(Data records)
◇ ◇ ◇ ◇ ◇ ◇ ◇

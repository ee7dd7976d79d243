-- ===== src/Cache/Protocol.antt =====
-- The protocol of a slot: what one access of the cache may do to it.
use mathlib.Core.Path.{subst₂}
use mathlib.Core.Option.{some-injective}
use cl_kmeans.Prelude.{
  Bool, true, false, ℕ, ◌-◌, ◌≤◌, some, ◌≡◌, ◌≢◌, ◌⊎◌, inl, inr, subst, sym, ap, ◌∙◌, ℕ_discrete,
}
use cl_kmeans.Cache.State.{
  add32, Buffer, free, read_lock, write_lock, Slot, Cache, slot_at, slot_of,
}
use cl_kmeans.Cache.Find.{base_slot}
use cl_kmeans.Cache.Lock.{set_lock}
use cl_kmeans.Cache.Lookup.{InRange}
use cl_kmeans.Cache.Slots.{slot_of-put_ne}
use cl_kmeans.Cache.Writes.{Quiet, Writes, Writes-slot}
use cl_kmeans.Cache.Store.{loaded}

-- A range that slot `i` may hold: it lies in object `oid`, whose slot it is, and fits a buffer.
pub record Fits (c : Cache) (i oid buffer_id begin size : ℕ) : Type 0 where
  pub range : InRange c oid begin buffer_id
  pub slot : (i ≡ base_slot oid) ⊎ (i ≡ add32 (base_slot oid) 1)
  pub small : size ≤ c.buffer_size

-- The protocol; `unlocking` is whether the access is an `unlock`. `locks` is a `write_and_get` whose eviction fails.
pub data SlotStep (unlocking : Bool) (c : Cache) (i : ℕ) (s : Slot) : Slot → Type 0 where
  shares_first : s.status ≡ free → SlotStep unlocking c i s (set_lock read_lock 1 s)
  shares : s.status ≡ read_lock → SlotStep unlocking c i s (set_lock read_lock (add32 s.count 1) s)
  locks : s.status ≡ free → SlotStep unlocking c i s (set_lock write_lock 1 s)
  loads :
      (oid buffer_id begin size : ℕ) (b : Buffer)
      → unlocking ≡ false
      → s.status ≡ free
      → Fits c i oid buffer_id begin size
      → SlotStep unlocking c i s (loaded oid buffer_id begin size b s)
  unshares :
      unlocking ≡ true
      → s.status ≡ read_lock
      → s.count ≢ 1
      → SlotStep unlocking c i s (set_lock read_lock (s.count - 1) s)
  unlocks :
      unlocking ≡ true
      → (s.status ≡ write_lock) ⊎ ((s.status ≡ read_lock) × (s.count ≡ 1))
      → SlotStep unlocking c i s (set_lock free 0 s)

-- A call leaves all slots alone, or makes one step of one slot.
pub data Effect (unlocking : Bool) (c c' : Cache) : Type 0 where
  quiet : Quiet c c' → Effect unlocking c c'
  step :
      (did i : ℕ) (s s' : Slot)
      → slot_at c did i ≡ some s
      → SlotStep unlocking c i s s'
      → Writes c did i s' c'
      → Effect unlocking c c'

-- What becomes of a slot by one effect: it stays, or it makes a step.
pub data Becomes (unlocking : Bool) (c c' : Cache) (did i : ℕ) (s : Slot) : Type 0 where
  stays : slot_at c' did i ≡ some s → Becomes unlocking c c' did i s
  moves :
      (s' : Slot)
      → slot_at c' did i ≡ some s'
      → SlotStep unlocking c i s s'
      → Becomes unlocking c c' did i s

pub Effect-Becomes :
    (unlocking : Bool) (c c' : Cache) (did i : ℕ) {s : Slot}
    → slot_at c did i ≡ some s
    → Effect unlocking c c'
    → Becomes unlocking c c' did i s
Effect-Becomes unlocking c c' did i h (quiet q) = stays (ap (λ d. slot_of d did i) q.devices ∙ h)
Effect-Becomes unlocking c c' did i {s} h (step did' j t t' h' m w) = elim (ℕ_discrete did' did) [
  | yes e ↦ elim (ℕ_discrete j i) [
    | yes e' ↦
        let here : slot_at c did i ≡ some t = subst₂ (λ k k'. slot_at c k k' ≡ some t) e e' h' in
        let moved : SlotStep unlocking c i t t' = subst (λ k. SlotStep unlocking c k t t') e' m in
        moves t' (subst₂ (λ k k'. slot_at c' k k' ≡ some t') e e' (Writes-slot did' j h' w))
          (subst (λ x. SlotStep unlocking c i x t') (some-injective t s (sym here ∙ h)) moved)
    | no n ↦ stays (unmoved (inr n))
  ]
  | no n ↦ stays (unmoved (inl n))
]
  where
    unmoved : (did' ≢ did) ⊎ (j ≢ i) → slot_at c' did i ≡ some s
    unmoved n =
        ap (λ d. slot_of d did i) w.devices ∙ slot_of-put_ne c.device_info did' j t' did i n ∙ h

◇ ◇ ◇ ◇ ◇ ◇ ◇

THE TASK:
Lines in the entries above that hold "elim" should be counted; give only that count.

ANSWER SECTION:
2